When I reached the next turnoff, few cars were taking it because it led to to a very quiet part of the world, but it was a road I could take home – so I did. And that took me another 90 minutes (should have been 15minutes) – I saw very few cars on most of the way home – everyone by now knew to stay put and not travel unless you reaally reeeally had to!
And because nobody else made tracks, there were parts of the road that I kind of kept to the middle of the road by following the signs next to the road – you could not see where the sidewalk ended and the tar began.
At least I got home safely. The previous two Mondays saw an average of 22 car crashes in the Twin Cities – this morning they had 122! – Luckily mostly slow-motion car damaging crashes that did not have too many fatalities.
By two this afternoon it was all cleared up and we were way above freezing again.
After two weeks of warmer than freezing weather, all our snow had just about melted – only the large heaps in the parkinglots were left to show that we had good snow covering two weeks ago.
And I was dreading having to live for two months or more waiting for the green to appear and there be no snow on the ground! But this morning when we woke up, it was a different story! A good six inches lay on the ground and the schools were closed. The roads were a mess and it was still falling!
Because it was warm, the snow is very wet and clings to everything – it turns the garden into an absilote fairyland…. and it broke one huge branch off a liloc we have standing right behind our house…! All the branches are hanging under the weight of the snow!
Gina left for work driving over the six inches of snow – normally not a good idea – in below zero temperatures that would turn the compacted snow into concrete hard layers that will ice-up and be very slippery and difficult to get off your driveway. BUR, with the very nice warm weather we are having these last two weeks, any compacted snow will just melt.
I went to the second storey window to take this photo of the Liloc standing right below that window – there was an inch of snow clinging to every small twig on that plant – and when I looked half an hour later – half of the branches of this twelve foot high liloc bush had fallen over! They weight was just too much – it broke off in the roots.

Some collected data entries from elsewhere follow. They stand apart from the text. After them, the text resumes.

-- ===== src/Appliance/Restart.antt =====
-- What cmd/cardingest/main.go starts with after internal/web/web.go has taken a policy.
use cardingest.Base.{none, some, [], map, ◌≡◌, ◌≢◌, refl, ok, arith}
use cardingest.Base.Strings.{Text, to_lower, trim_space}
use cardingest.Config.Boot.{BootConfig}
use cardingest.Config.Store.{Disk, Yaml, PolicyStore, new_store, load, parse_file}
use cardingest.Config.Store.Atomic.{IsReliable}
use cardingest.Rules.{Engine}
use cardingest.Rules.Compile.{compile}
use cardingest.Store.{Sqlite}
use cardingest.Web.{PutAnswer, put_policy, stored}
use cardingest.Web.Policy.{Tells, IsPut, put_policy-Tells}
use cardingest.Detect.{with_defaults}
use cardingest.Detect.Poll.{PollDetector}
use cardingest.Detect.Linux.{LinuxEnum, new_real}
use cardingest.Notify.{build}
use cardingest.Notify.Pulsar.{new_pulsar}
use cardingest.Pipeline.Ingest.{new_deps}
use cardingest.Appliance.{Host, Appliance, polling, new_detector, run, wire}

module _ (D : Disk) (Y : Yaml) where
  -- A path that reads as a text of the policy gives a store of it.
  new_store-reads :
      (t : PolicyStore D Y) (text : Text)
      → D.read_file t.disk t.path ≡ ok text
      → Y.unmarshal text ≡ ok t.file
      → new_store D Y t.path t.disk ≡ ok t
  unfolding new_store load parse_file
  new_store-reads t text found parsed = rw (found, parsed) refl

  -- The appliance works by the policy of the store: its pipeline decides by rules compiled from the
  -- policy's and files by its categories and layout, to its destination, where these are not empty;
  -- what is erased and whether a card is ejected is as the policy says; a reader that is polled accepts
  -- the policy's USB ids; the notifiers are built from the policy's; and the server shows this store.
  pub record WorksBy (host : Host) (t : PolicyStore D Y) (a : Appliance D Y) : Type 1 where
    pub rules : compile host.glob host.float t.file.rules ≡ ok a.deps.rules
    pub categories : a.deps.categories ≡ t.file.categories
    pub layout : t.file.destination.layout ≢ [] → a.deps.layout ≡ t.file.destination.layout
    pub dest : t.file.destination.path ≢ [] → a.dest ≡ t.file.destination.path
    pub erases_ingested : a.config.policy.erase_ingested ≡ t.file.card.erase_ingested
    pub erases_skipped : a.config.policy.erase_skipped ≡ t.file.card.erase_skipped
    pub ejects : a.config.policy.eject_when_done ≡ t.file.card.eject_when_done
    pub accepts :
        (e : LinuxEnum) (d : PollDetector)
        → a.detector ≡ polling e d
        → e.allow ≡ map (λ id. to_lower (trim_space id)) t.file.reader.usb_ids
    pub notifiers : a.notifiers ≡ build (new_pulsar host.getenv) t.file.notify
    pub store : a.server.config ≡ some t

  wire-WorksBy :
      (host : Host) (c : BootConfig) (t : PolicyStore D Y) (db : Sqlite) (rules : Engine)
      → compile host.glob host.float t.file.rules ≡ ok rules
      → WorksBy host t (wire D Y host c t db rules)
  unfolding wire new_deps new_detector with_defaults new_real
  wire-WorksBy host c t db rules compiled = record {
    rules = compiled;
    categories = refl;
    layout = λ given. ground arith;
    dest = λ given. ground arith;
    erases_ingested = refl;
    erases_skipped = refl;
    ejects = refl;
    accepts = λ e d h. ground arith;
    notifiers = refl;
    store = refl;
  }

  run-starts :
      (host : Host) (c : BootConfig) (t : PolicyStore D Y) (db : Sqlite) (rules : Engine)
      → host.init_telemetry ≡ none
      → new_store D Y c.config_path t.disk ≡ ok t
      → host.open_sqlite c.state_path ≡ ok db
      → compile host.glob host.float t.file.rules ≡ ok rules
      → run D Y host c t.disk ≡ ok (wire D Y host c t db rules)
  unfolding run
  run-starts host c t db rules quiet loads opens compiles = rw (quiet, loads, opens, compiles) refl

  -- A policy that PutConfig has stored on a reliable disk is the one of the next start, which it does
  -- not prevent: on the disk as PutConfig left it, with the configured path of the policy and if the
  -- library reads the policy's text back, and where the telemetry starts and the database opens, `run`
  -- succeeds, and the appliance works by that policy, which is the one that the request's text parses
  -- as: by its rules, categories, layout and destination, by its flags for the card, its USB ids and
  -- its notifiers.
  pub run-put_policy :
      (host : Host) (c : BootConfig) (s t : PolicyStore D Y) (text shown : Text) (db : Sqlite)
      → IsReliable D s.path
      → s.path ≡ c.config_path
      → ((written : Text) → Y.marshal t.file ≡ ok written → Y.unmarshal written ≡ ok t.file)
      → host.init_telemetry ≡ none
      → host.open_sqlite c.state_path ≡ ok db
      → put_policy D Y host.glob host.float s text ≡ (stored shown, t)
      → (a : Appliance D Y) × (run D Y host c t.disk ≡ ok a)
        × (Y.unmarshal text ≡ ok t.file)
        × WorksBy host t a
  run-put_policy host c s t text shown db R at back quiet opens put =
      let is_put = told put (put_policy-Tells D Y host.glob host.float s text R) in
      let (parsed, (rules, compiled), at_path, (written, marshalled, found)) = is_put in
      let reads = new_store-reads t written (rw at_path found) (back written marshalled) in
      (
        wire D Y host c t db rules,
        run-starts host c t db rules quiet (rw (← at, ← at_path) reads) opens compiled,
        parsed,
        wire-WorksBy host c t db rules compiled,
      )
    where
      told :
          {x : PutAnswer × PolicyStore D Y}
          → x ≡ (stored shown, t)
          → Tells D Y host.glob host.float s text x
          → IsPut D Y host.glob host.float s text t
      told e h = rw e at h
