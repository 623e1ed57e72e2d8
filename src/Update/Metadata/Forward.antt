-- ===== src/Update/Metadata/Forward.antt =====
-- Metadata from a newer writer: lines with keys that this reader does not know.
use audiox.Prelude.Result.{Result, ok, err, ◌>>=◌}
use audiox.Update.Metadata.{
  List, AudioxUpdateMetadata, MetadataError, unknown, dest_of, drop_cr, split_key, is_ignored,
  set_value, parse_line, parse_lines,
}
use audiox.Prelude.{some, refl, Bool-cases, ◌⊎◌, inr, [], ◌∷◌, true, inl, ◌≡◌, ◌++◌, ℕ, List}

-- A blank line, a comment, or `key=value` with an unknown key.
abbrev pub Skipped : List ℕ → Type 0
Skipped l =
    (is_ignored (drop_cr l) ≡ true)
    ⊎ ((key : List ℕ) × (value : List ℕ) × (split_key (drop_cr l) ≡ some (key, value))
        × (dest_of key ≡ unknown))

parse_line_skips : (l : List ℕ) (m : AudioxUpdateMetadata) → Skipped l → parse_line l m ≡ ok m
unfolding parse_line
parse_line_skips l m (inl h) = rw h
parse_line_skips l m (inr (key, value, split, dest)) = elim (Bool-cases (is_ignored (drop_cr l))) [
  | inl h ↦ rw h
  | inr h ↦ rw (h, split, dest) (unfold set_value in refl)
]

-- A blank line, a comment or a line with an unknown key, at any place, changes neither the result nor the error of the reader.
pub parse_lines_skips :
    (before after : List (List ℕ)) (l : List ℕ) (m : AudioxUpdateMetadata)
    → Skipped l
    → parse_lines (before ++ l ∷ after) m ≡ parse_lines (before ++ after) m
unfolding parse_lines
parse_lines_skips [] after l m h = rw (parse_line_skips l m h)
parse_lines_skips (b ∷ bs) after l m h =
    carry (parse_line b m) (λ m'. parse_lines_skips bs after l m' h)
  where
    carry :
        (r : Result MetadataError AudioxUpdateMetadata)
        → ((m' : AudioxUpdateMetadata)
            → parse_lines (bs ++ l ∷ after) m' ≡ parse_lines (bs ++ after) m')
        → (r >>= λ m'. parse_lines (bs ++ l ∷ after) m')
          ≡ (r >>= λ m'. parse_lines (bs ++ after) m')
    carry (ok m') ih = ih m'
    carry (err e) ih = refl
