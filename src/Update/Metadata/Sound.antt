-- ===== src/Update/Metadata/Sound.antt =====
-- What accepted metadata holds.
use audiox.Prelude.Result.{ok, err, >>=-eq-ok}
use audiox.Update.Names.{valid_value, valid_kernel_name, valid_board, lines}
use audiox.Update.Metadata.{
  split_key, drop_cr, is_ignored, dest_of, malformed_line, List, AudioxUpdateMetadata, Dest,
  no_metadata, set_value, parse_line, parse_lines, check_metadata, parse_metadata,
}
use audiox.Prelude.{
  some, none, inr, refl, bytes_eq, inl, Bool-cases, ◌∷◌, codes, Option, true, ◌⊎◌, arith, [], ◌≡◌,
  ℕ, List,
}
use audiox.Prelude.Text.{bytes_eq→eq}

-- A field is absent or was checked.
abbrev pub Checked : List ℕ → Type 0
Checked v = (v ≡ []) ⊎ (valid_value v ≡ true)

pub record IsChecked (m : AudioxUpdateMetadata) : Type 0 where
  pub board_ok : Checked m.board
  pub kernel_ok : Checked m.kernel
  pub version_ok : Checked m.version
  pub kernel_version_ok : Checked m.kernel_version

set_value-IsChecked :
    (dest : Dest) (value : List ℕ) (m m' : AudioxUpdateMetadata)
    → IsChecked m
    → set_value dest value m ≡ ok m'
    → IsChecked m'
unfolding set_value
set_value-IsChecked dest value m m' c e = ground arith

parse_line-IsChecked :
    (l : List ℕ) (m m' : AudioxUpdateMetadata) → IsChecked m → parse_line l m ≡ ok m' → IsChecked m'
unfolding parse_line
parse_line-IsChecked l m m' c e = elim (Bool-cases (is_ignored (drop_cr l))) [
  | inl skip ↦ ground arith
  | inr used ↦ split (split_key (drop_cr l)) (rw used at e)
]
  where
    split :
        (s : Option (List ℕ × List ℕ))
        → (elim s [
          | none ↦ err malformed_line
          | some (key, value) ↦ set_value (dest_of key) value m
        ])
          ≡ ok m'
        → IsChecked m'
    split none h = cc
    split (some (key, value)) h = set_value-IsChecked (dest_of key) value m m' c h

parse_lines-IsChecked :
    (ls : List (List ℕ)) (m m' : AudioxUpdateMetadata)
    → IsChecked m
    → parse_lines ls m ≡ ok m'
    → IsChecked m'
unfolding parse_lines
parse_lines-IsChecked [] m m' c e = ground arith
parse_lines-IsChecked (l ∷ ls) m m' c e =
    let (n, first, rest) = >>=-eq-ok (parse_line l m) (λ k. parse_lines ls k) e in
    parse_lines-IsChecked ls n m' (parse_line-IsChecked l m n c first) rest

final_checks :
    (m m' : AudioxUpdateMetadata)
    → check_metadata m ≡ ok m'
    → (m ≡ m') × (valid_board m.board ≡ true) × (valid_kernel_name m.kernel ≡ true)
unfolding check_metadata
final_checks m m' e = ground arith

board_cases : (b : List ℕ) → valid_board b ≡ true → (b ≡ codes "pi4") ⊎ (b ≡ codes "pi5")
unfolding valid_board
board_cases b h = elim (Bool-cases (bytes_eq b (codes "pi4"))) [
  | inl four ↦ inl (bytes_eq→eq b (codes "pi4") four)
  | inr other ↦ inr (bytes_eq→eq b (codes "pi5") (rw other at h))
]

-- Metadata that is accepted names one of the two boards and a valid kernel file, and every other
-- value that it gives is a valid one.
pub parse_metadata_sound :
    (text : List ℕ) (m : AudioxUpdateMetadata)
    → parse_metadata text ≡ ok m
    → ((m.board ≡ codes "pi4") ⊎ (m.board ≡ codes "pi5"))
      × (valid_kernel_name m.kernel ≡ true)
      × Checked m.version
      × Checked m.kernel_version
unfolding parse_metadata
parse_metadata_sound text m e =
    let (n, read, checked) =
      >>=-eq-ok (parse_lines (lines text) no_metadata) (λ k. check_metadata k) e in
    let f = final_checks n m checked in
    let start : IsChecked no_metadata = record {
      board_ok = inl refl;
      kernel_ok = inl refl;
      version_ok = inl refl;
      kernel_version_ok = inl refl;
    } in
    let c = parse_lines-IsChecked (lines text) no_metadata n start read in
    rw (← f.0) (board_cases n.board f.1, f.2, c.version_ok, c.kernel_version_ok)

With the school closed because of the snow, the boys enjoyed playing outside and building snowmen and forts and having snowball fights – not often that they see snow this wet here in Minnesota!
Every year the Winter Parade is one way Minnesotans thumb their noses at the winter weather – well, some Minnesotans. The rest of us make sure we stay warm.
In these photos you can see were we observed the parade from – we were invited by a Company who had rented a passage of the Skyway for their guests for the evening. Normally these passages connect all the buildings in the city center, so that you can walk round the whole city and not once go outside. And to prevent you from having to cross the road in this way, these passages are all on the second floors of every building and connect the buildings with eath other way above street level. All the shops in the builsings are also on this Skywalk on the second level.
The big thing about the parade is of course the fact that all the floats carry thousands of small lights and even people in the parade wear costumes with lights on. (Remember, in winter the sun sets here before five in the afternoon!)